We brainstormed and arrived to a beta version of the API for the model presented in Chipman et al. (2010). This implementation only allowed for a normal likelihood and conjugate priors, and calculated the posterior for the parameters using analytical derivations.

But, this is not how PyMC is. The API should be flexible for the user. If she wants to use some other likelihood or others priors, she should be able to. PyMC should take care of everything and arrive to the posterior of the parameters given the data. With this part I am still struggling, since it requires two things I still can’t figure out how to do:

• Deduce the likelihood of the model when it is not explicitly given.
• Calculate the posterior distribution of the parameters with not conjugate priors.

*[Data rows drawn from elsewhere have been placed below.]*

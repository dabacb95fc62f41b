-- ===== src/Udp/Reassembler.antt =====
-- `FragmentReassembler` of udp.rs. The maps are association lists; `u64` ticks wrap.
pub mod Eviction
pub mod Bounds
pub mod Genuine
pub mod AnyOrder
use tunshell_mcp_agents.Prelude.{
  ℕ, zero, suc, ◌+◌, ◌%◌, ◌^◌, max, List, [], ◌∷◌, ◌++◌, Option, none, some, Bool, not, ◌&&◌, ◌||◌,
  ltb, leb, nat_beq, nat_eq, if◌then◌else◌, length,
}
use tunshell_mcp_agents.Assoc.{Assoc, lookup, insert, remove, contains_key}
use tunshell_mcp_agents.Udp.Bytes.{Bytes}
use tunshell_mcp_agents.Udp.Fragment
use tunshell_mcp_agents.Udp.Fragment.{FragmentHeader}

abbrev pub max_partial_messages : ℕ
max_partial_messages = 256

pub record Partial : Type 0 where
  pub count : ℕ
  pub parts : Assoc ℕ Bytes
  pub last_touched : ℕ

pub record FragmentReassembler : Type 0 where
  pub partial : Assoc ℕ Partial
  pub tick : ℕ
  pub max_messages : ℕ

unfoldable pub with_capacity : ℕ → FragmentReassembler
with_capacity max_messages = record { partial = []; tick = 0; max_messages = max max_messages 1 }

-- `min_by_key(last_touched)`: the first entry of the least tick.
pub oldest : Assoc ℕ Partial → Option (ℕ × ℕ)
oldest [] = none
oldest ((k, p) ∷ m) = elim (oldest m) [
  | none ↦ some (k, p.last_touched)
  | some (j, t) ↦ if leb p.last_touched t then some (k, p.last_touched) else some (j, t)
]

pub evict_oldest : Assoc ℕ Partial → Assoc ℕ Partial
evict_oldest m = elim (oldest m) [ none ↦ m | some (k, t) ↦ remove k m ]

-- The room that `insert` makes before a message that is not there yet.
pub make_room : FragmentReassembler → ℕ → Assoc ℕ Partial
make_room r msg_id =
    if not (contains_key msg_id r.partial) && leb r.max_messages (length r.partial)
    then evict_oldest r.partial
    else r.partial

-- `entry(msg_id).or_insert_with(..)`, then the reset on another count.
pub entry_for : Assoc ℕ Partial → FragmentHeader → ℕ → Partial
entry_for m h tick = elim (lookup h.msg_id m) [
  | none ↦ record { count = h.count; parts = []; last_touched = tick }
  | some p ↦ if nat_beq p.count h.count then p else record p { count = h.count; parts = [] }
]

pub add_part : Partial → FragmentHeader → Bytes → ℕ → Partial
add_part p h chunk tick = record p { parts = insert h.index chunk p.parts; last_touched = tick }

-- `for i in 0..count { body.extend_from_slice(partial.parts.get(&i)?) }`, from position `i`.
pub collect : ℕ → ℕ → Assoc ℕ Bytes → Option Bytes
collect zero i parts = some []
collect (suc n) i parts = elim (lookup i parts) [
  | none ↦ none
  | some c ↦ elim (collect n (i + 1) parts) [ none ↦ none | some rest ↦ some (c ++ rest) ]
]

-- The end of `insert`, once the entry has the new part.
pub finish :
    FragmentReassembler
    → Assoc ℕ Partial
    → FragmentHeader
    → Partial
    → FragmentReassembler × Option Bytes
finish r m h p =
    if not (nat_beq (length p.parts % 65536) h.count)
    then (record r { partial = insert h.msg_id p m }, none)
    else (record r { partial = remove h.msg_id (insert h.msg_id p m) }, collect p.count 0 p.parts)

pub accept : FragmentReassembler → FragmentHeader → Bytes → FragmentReassembler × Option Bytes
accept r h chunk =
    if nat_beq h.count 0 || leb h.count h.index
    then (r, none)
    else let tick = (r.tick + 1) % 2 ^ 64 in
      let m = make_room r h.msg_id in
      finish (record r { tick = tick }) m h (add_part (entry_for m h tick) h chunk tick)

unfoldable pub insert_payload : FragmentReassembler → Bytes → FragmentReassembler × Option Bytes
insert_payload r payload = elim (Fragment.parse payload) [
  | none ↦ (r, none)
  | some (h, chunk) ↦ accept r h chunk
]

-- `recv_loop` of udp_channel.rs hands every `DataFragment` payload to `insert`: the state at the
-- end, and what each call returned.
unfoldable pub feed : FragmentReassembler → List Bytes → FragmentReassembler × List (Option Bytes)
feed r [] = (r, [])
feed r (p ∷ ps) =
    let (r', out) = insert_payload r p in let (r'', outs) = feed r' ps in (r'', out ∷ outs)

We have draft implementation, but there is still a lot of work to do.

## References

1. Chipman, H. A., George, E. I., & McCulloch, R. E. (2010). BART: Bayesian additive regression trees. The Annals of Applied Statistics, 4(1), 266-298.
2. Tan, Y. V., & Roy, J. (2019). Bayesian additive regression trees and the General BART model. arXiv preprint arXiv:1901.07504.
3. Pratola, M. T., Chipman, H. A., Gattiker, J. R., Higdon, D. M., McCulloch, R., & Rust, W. N. (2014). Parallel Bayesian additive regression trees. Journal of Computational and Graphical Statistics, 23(3), 830-852.